Article ID: | iaor2017534 |
Volume: | 27 |
Issue: | 4 |
Start Page Number: | 792 |
End Page Number: | 812 |
Publication Date: | Dec 2016 |
Journal: | Information Systems Research |
Authors: | Nov Oded, Arazy Ofer, Daxenberger Johannes, Lifshitz-Assaf Hila, Gurevych Iryna |
Keywords: | computers: information, internet, social, statistics: empirical |
Increasingly, new forms of organizing for knowledge production are built around self‐organizing coproduction community models with ambiguous role definitions. Current theories struggle to explain how high‐quality knowledge is developed in these settings and how participants self‐organize in the absence of role definitions, traditional organizational controls, or formal coordination mechanisms. In this article, we engage the puzzle by investigating the temporal dynamics underlying emergent roles on individual and organizational levels. Comprised of a multilevel large‐scale empirical study of Wikipedia stretching over a decade, our study investigates emergent roles in terms of prototypical activity patterns that organically emerge from individuals’ knowledge production actions. Employing a stratified sample of 1,000 Wikipedia articles, we tracked 200,000 distinct participants and 700,000 coproduction activities, and recorded each activity’s type. We found that participants’ role‐taking behavior is turbulent across roles, with substantial flow in and out of coproduction work. Our findings at the organizational level, however, show that work is organized around a highly stable set of emergent roles, despite the absence of traditional stabilizing mechanisms such as predefined work procedures or role expectations.

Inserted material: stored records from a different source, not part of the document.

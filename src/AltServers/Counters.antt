-- ===== src/AltServers/Counters.antt =====
-- Failure counters and round-trip times.
use dnbd.Base.{
  ℕ, zero, suc, ◌+◌, ◌-◌, ◌*◌, ◌%◌, ◌^◌, ◌≤◌, ◌<◌, ◌≡◌, refl, ◌∙◌, true, false, List, [], ◌∷◌, ◌==◌,
  if◌then◌else◌, Bool-cases, inl, inr, length, set, All, All-set, length-set, subst, arith,
}
use dnbd.Timing.Defs.{Ticks, diff}
use dnbd.AltServers.Defs.{AltServer, AltLocal, server_global_dup_time, server_rtt_probes}
use dnbd.AltServers.Lists.{pass_local, pass_global}
use dnbd.AltServers.Health.{server_failed, image_failed, sum, update_local}

-- The state after `n` checks of one server, at the times given for them.
unfoldable pub asked_local : ℕ → AltLocal → AltLocal
asked_local zero l = l
asked_local (suc n) l = (pass_local (asked_local n l)).1

unfoldable pub asked_global : (ℕ → Ticks) → ℕ → AltServer → AltServer
asked_global times zero s = s
asked_global times (suc n) s = (pass_global (times n) (asked_global times n s)).1

asked_local_lem :
    (n : ℕ) (l : AltLocal)
    → l.blocked ≡ true
    → n < l.fails
    → ((asked_local n l).fails ≡ l.fails - n) × ((asked_local n l).blocked ≡ true)
unfolding asked_local pass_local
asked_local_lem zero l b h = (omega arith, b)
asked_local_lem (suc n) l b h = ground (arith, asked_local_lem n l b (omega arith))

-- A server that is blocked for an image is refused at each check but the last of as many checks as it
-- failed, and at that one it is let through and no longer blocked.
pub pass_local-ends :
    (l : AltLocal) (n : ℕ)
    → l.blocked ≡ true
    → n < l.fails
    → let r = pass_local (asked_local n l) in
      (r.0 ≡ (n + 1 == l.fails))
      × (r.1.blocked ≡ (if n + 1 == l.fails then false else true))
      × (r.1.fails ≡ l.fails - (n + 1))
unfolding pass_local
pass_local-ends l n b h = ground (arith, asked_local_lem n l b h)

-- Two checks of the global counter that both count.
abbrev pub IsSpaced : (ℕ → Ticks) → AltServer → Type 0
IsSpaced times s =
    (server_global_dup_time ≤ diff s.last_fail (times 0))
    × ((n : ℕ) → server_global_dup_time ≤ diff (times n) (times (suc n)))

pass_global-refuses :
    (now : Ticks) (s : AltServer)
    → s.blocked ≡ true
    → server_global_dup_time ≤ diff s.last_fail now
    → 1 < s.fails
    → pass_global now s ≡ (false, record s { last_fail = now; fails = s.fails - 1 })
unfolding pass_global
pass_global-refuses now s b d h = ground arith

asked_global_lem :
    (times : ℕ → Ticks) (n : ℕ) (s : AltServer)
    → IsSpaced times s
    → s.blocked ≡ true
    → n < s.fails
    → ((asked_global times n s).fails ≡ s.fails - n)
      × ((asked_global times n s).blocked ≡ true)
      × (server_global_dup_time ≤ diff (asked_global times n s).last_fail (times n))
unfolding asked_global
asked_global_lem times zero s sp b h = (omega arith, b, sp.0)
asked_global_lem times (suc n) s sp b h =
    let ih = asked_global_lem times n s sp b (omega arith) in
    rw
      (
        pass_global-refuses (times n) (asked_global times n s) ih.1 ih.2 (omega (arith, ih.0)),
        asked_global,
      )
      (omega (arith, ih.0), ih.1, sp.1 n)

-- A server that is blocked for all images is refused at each of the checks that lie at least
-- SERVER_GLOBAL_DUP_TIME seconds apart, but not at the last of as many as it failed: at that one it is
-- let through and no longer blocked.
pub pass_global-ends :
    (times : ℕ → Ticks) (s : AltServer) (n : ℕ)
    → IsSpaced times s
    → s.blocked ≡ true
    → n < s.fails
    → let r = pass_global (times n) (asked_global times n s) in
      (r.0 ≡ (n + 1 == s.fails))
      × (r.1.blocked ≡ (if n + 1 == s.fails then false else true))
      × (r.1.fails ≡ s.fails - (n + 1))
unfolding pass_global
pass_global-ends times s n sp b h = ground (arith, asked_global_lem times n s sp b h)

-- A blocked server has failures to count down.
abbrev pub LocalIsValid : AltLocal → Type 0
LocalIsValid l = l.blocked ≡ true → 0 < l.fails

abbrev pub ServerIsValid : AltServer → Type 0
ServerIsValid s = s.blocked ≡ true → 0 < s.fails

-- The functions that count failures up and down keep a blocked server's counters above 0, so none of
-- them counts below 0.
pub counters-IsValid :
    (now : Ticks) (s : AltServer) (l : AltLocal)
    → ServerIsValid s
    → LocalIsValid l
    → (ServerIsValid (server_failed now s) × LocalIsValid (image_failed l))
      × (ServerIsValid ((pass_global now s).1) × LocalIsValid ((pass_local l).1))
unfolding server_failed image_failed pass_global pass_local
counters-IsValid now s l vs vl =
    ((λ h. ground arith, λ h. ground arith), (λ h. ground arith, λ h. ground arith))

-- All measurements of a history lie between two bounds.
abbrev pub Within : ℕ → ℕ → List ℕ → Type 0
Within lo hi xs = All (λ x. (lo ≤ x) × (x ≤ hi)) xs

sum_bounds :
    (lo hi : ℕ) (xs : List ℕ)
    → Within lo hi xs
    → (lo * length xs ≤ sum xs) × (sum xs ≤ hi * length xs)
sum_bounds lo hi [] h = (grind arith, grind arith)
sum_bounds lo hi (x ∷ xs) h =
    let ih = sum_bounds lo hi xs h.1 in (grind (arith, ih, h.0), grind (arith, ih, h.0))

length-set_five :
    (xs : List ℕ) (i v : ℕ)
    → length xs ≡ server_rtt_probes
    → length (set xs i v) ≡ server_rtt_probes
length-set_five xs i v h = length-set xs i v ∙ h

-- If the measurements that altservers_updateRtt keeps and the new one lie between two bounds, the upper
-- of which is small enough for the sum of five to fit into 32 bits, then so do the average that it
-- returns and the measurements that it then keeps; the first measurement is its own average.
pub update_local_bounds :
    (lo hi rtt : ℕ) (l : AltLocal)
    → length l.rtt ≡ server_rtt_probes
    → 5 * hi < 2 ^ 32
    → (lo ≤ rtt) × (rtt ≤ hi)
    → (l.init_done ≡ true → Within lo hi l.rtt)
    → let r = update_local rtt l in
      ((lo ≤ r.0) × (r.0 ≤ hi))
      × (Within lo hi r.1.rtt × (length r.1.rtt ≡ server_rtt_probes))
      × (r.1.init_done ≡ true)
      × (l.init_done ≡ false → r.0 ≡ rtt)
unfolding update_local
update_local_bounds lo hi rtt l size small new old = elim (Bool-cases l.init_done) [
  | inl t ↦
      let i = (l.rtt_index + 1) % server_rtt_probes in
      let kept = All-set (λ x. (lo ≤ x) × (x ≤ hi)) l.rtt i rtt new (old t) in
      let five = length-set_five l.rtt i rtt size in
      let total = sum_bounds lo hi (set l.rtt i rtt) kept in
      let b : (lo * 5 ≤ sum (set l.rtt i rtt)) × (sum (set l.rtt i rtt) ≤ hi * 5) =
        subst (λ k. (lo * k ≤ sum (set l.rtt i rtt)) × (sum (set l.rtt i rtt) ≤ hi * k)) five
          total in
      rw t ((omega (arith, b.0, b.1), omega (arith, b.0, b.1)), (kept, five), refl, λ e. cc)
  | inr f ↦ rw f (new, ((new, (new, (new, (new, (new, tt))))), refl), refl, λ e. refl)
]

This dualism in emergent work is conceptualized as ‘turbulent stability.’ We attribute the stabilizing factor to the artifact‐centric production process and present evidence to illustrate the mutual adjustment of role taking according to the artifact’s needs and stage. We discuss the importance of the affordances of Wikipedia in enabling such tacit coordination. This study advances our theoretical understanding of the nature of emergent roles and self‐organizing knowledge coproduction. We discuss the implications for custodians of online communities as well as for managers of firms engaging in self‐organized knowledge collaboration.